### Your task
Lines containing "raise": state how many there are in these entries, and write only that number.

--- Available data Enclosed Below ---

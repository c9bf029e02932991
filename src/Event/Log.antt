-- ===== src/Event/Log.antt =====
-- internal/event/store.go and retention.go: Insert, Recent, DeleteOlderThan and the sweep.
pub mod Journal
pub mod Keeps
use safe_play_guardian.Prelude.{
  ℕ, zero, suc, Stamp, utc_stamp, ◌+◌, ◌-◌, ltb, leb, nat_eq, string_eq, ◌==◌, String, Bool, true,
  false, not, ◌&&◌, ◌||◌, Option, none, some, List, [], ◌∷◌, ◌++◌, any, length, if◌then◌else◌,
}
use safe_play_guardian.Event.Model.{Kind, Event, valid, severity_info, Attrs}
use safe_play_guardian.Event.Redact.{attrs_of}
use safe_play_guardian.Device.Rows.{text_le, where_, order_by}
use safe_play_guardian.Store.Tables.{Tables}
use safe_play_guardian.Store.Exec.{
  World, Result, ok, err, Db, M, ◌>>=◌, return, raise, query, exec, clock, draw, invalid_kind,
  missing_device_id,
}

-- An event's identity is the table's primary key.
unfoldable pub insert_row : Event → Tables → Option Tables
insert_row ev t =
    if any (λ (e : Event). e.id == ev.id) t.events
    then none
    else some (record t { events = t.events ++ ev ∷ [] })

unfoldable pub delete_older : ℕ → Tables → Option Tables
delete_older cutoff t =
    some (record t { events = where_ (λ (e : Event). leb cutoff e.recorded_at) t.events })

module _ (w : World) where
  -- A fresh identity, and the clock, for the fields at their zero values.
  unfoldable pub event_id : Event → M String
  event_id ev = if ev.id == "" then draw w else return ev.id

  unfoldable pub event_time : Event → M Stamp
  event_time ev =
      if ev.at.instant == 0 then (clock w >>= λ now. return (utc_stamp now)) else return ev.at

  -- The row as Insert writes it.
  abbrev pub completed : Event → String → Stamp → ℕ → Event
  completed ev id at recorded_at = record ev {
    id = id;
    at = at;
    recorded_at = recorded_at;
    severity = if ev.severity == "" then severity_info else ev.severity;
    attrs = some (attrs_of ev.attrs);
  }

  -- Insert; json.Marshal does not fail on attributes that came from JSON or are texts.
  unfoldable pub insert : Event → M (Unit {0})
  unfolding event_id event_time
  insert ev =
      if not (valid ev.kind)
      then raise invalid_kind
      else if ev.device_id == ""
      then raise missing_device_id
      else (event_id ev >>= λ id. event_time ev >>= λ at.
          clock w >>= λ recorded_at. exec w (insert_row (completed ev id at recorded_at)))

  abbrev pub rows_affected : ℕ → Result (Unit {0}) × Db → Result ℕ × Db
  rows_affected n (ok u, s) = (ok n, s)
  rows_affected n (err e, s) = (err e, s)

  -- DeleteOlderThan; its count is that of the rows deleted.
  unfoldable pub delete_older_than : ℕ → M ℕ
  delete_older_than cutoff s =
      rows_affected (length (where_ (λ (e : Event). ltb e.recorded_at cutoff) s.tables.events))
        (exec w (delete_older cutoff) s)

  -- The sweep of RunRetention: what is older than the window goes.
  unfoldable pub sweep : ℕ → M ℕ
  unfolding delete_older_than
  sweep window = clock w >>= λ now. delete_older_than (now - window)

-- RecentFilter; the empty text, the empty list and 0 do not filter.
pub record RecentFilter : Type 0 where
  pub device_id : String
  pub person_id : String
  pub kinds : List Kind
  pub since : Stamp
  pub limit : ℕ

abbrev pub person_is : String → Option String → Bool
person_is id none = false
person_is id (some p) = p == id

abbrev pub is_empty {ℓ} : {A : Type ℓ} → List A → Bool
is_empty [] = true
is_empty (_ ∷ _) = false

-- at >= ?, which compares the texts that the driver wrote.
abbrev pub not_before : World → Stamp → Event → Bool
not_before w since e = text_le (w.time_text since) (w.time_text e.at)

-- ORDER BY at, and ORDER BY at DESC
abbrev pub earlier_first : World → Event → Event → Bool
earlier_first w a b = text_le (w.time_text a.at) (w.time_text b.at)

abbrev pub later_first : World → Event → Event → Bool
later_first w a b = text_le (w.time_text b.at) (w.time_text a.at)

-- The WHERE clause that Recent builds.
unfoldable pub matches : World → RecentFilter → Event → Bool
matches w f e =
    (f.device_id == "" || e.device_id == f.device_id)
    && ((f.person_id == "" || person_is f.person_id e.person_id)
        && ((is_empty f.kinds || any (λ k. e.kind == k) f.kinds)
            && (f.since.instant == 0 || not_before w f.since e)))

unfoldable pub take {ℓ} : {A : Type ℓ} → ℕ → List A → List A
take zero xs = []
take (suc n) [] = []
take (suc n) (x ∷ xs) = x ∷ take n xs

abbrev pub limited {ℓ} : {A : Type ℓ} → ℕ → List A → List A
limited n xs = if n == 0 then xs else take n xs

unfoldable pub recent_rows : World → RecentFilter → List Event → List Event
unfolding matches take
recent_rows w f events = limited f.limit (order_by (later_first w) (where_ (matches w f) events))

-- Recent
unfoldable pub recent : World → RecentFilter → M (List Event)
unfolding recent_rows
recent w f = query w (λ t. recent_rows w f t.events)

--- End of Enclosed Available data ---

### Written answer
3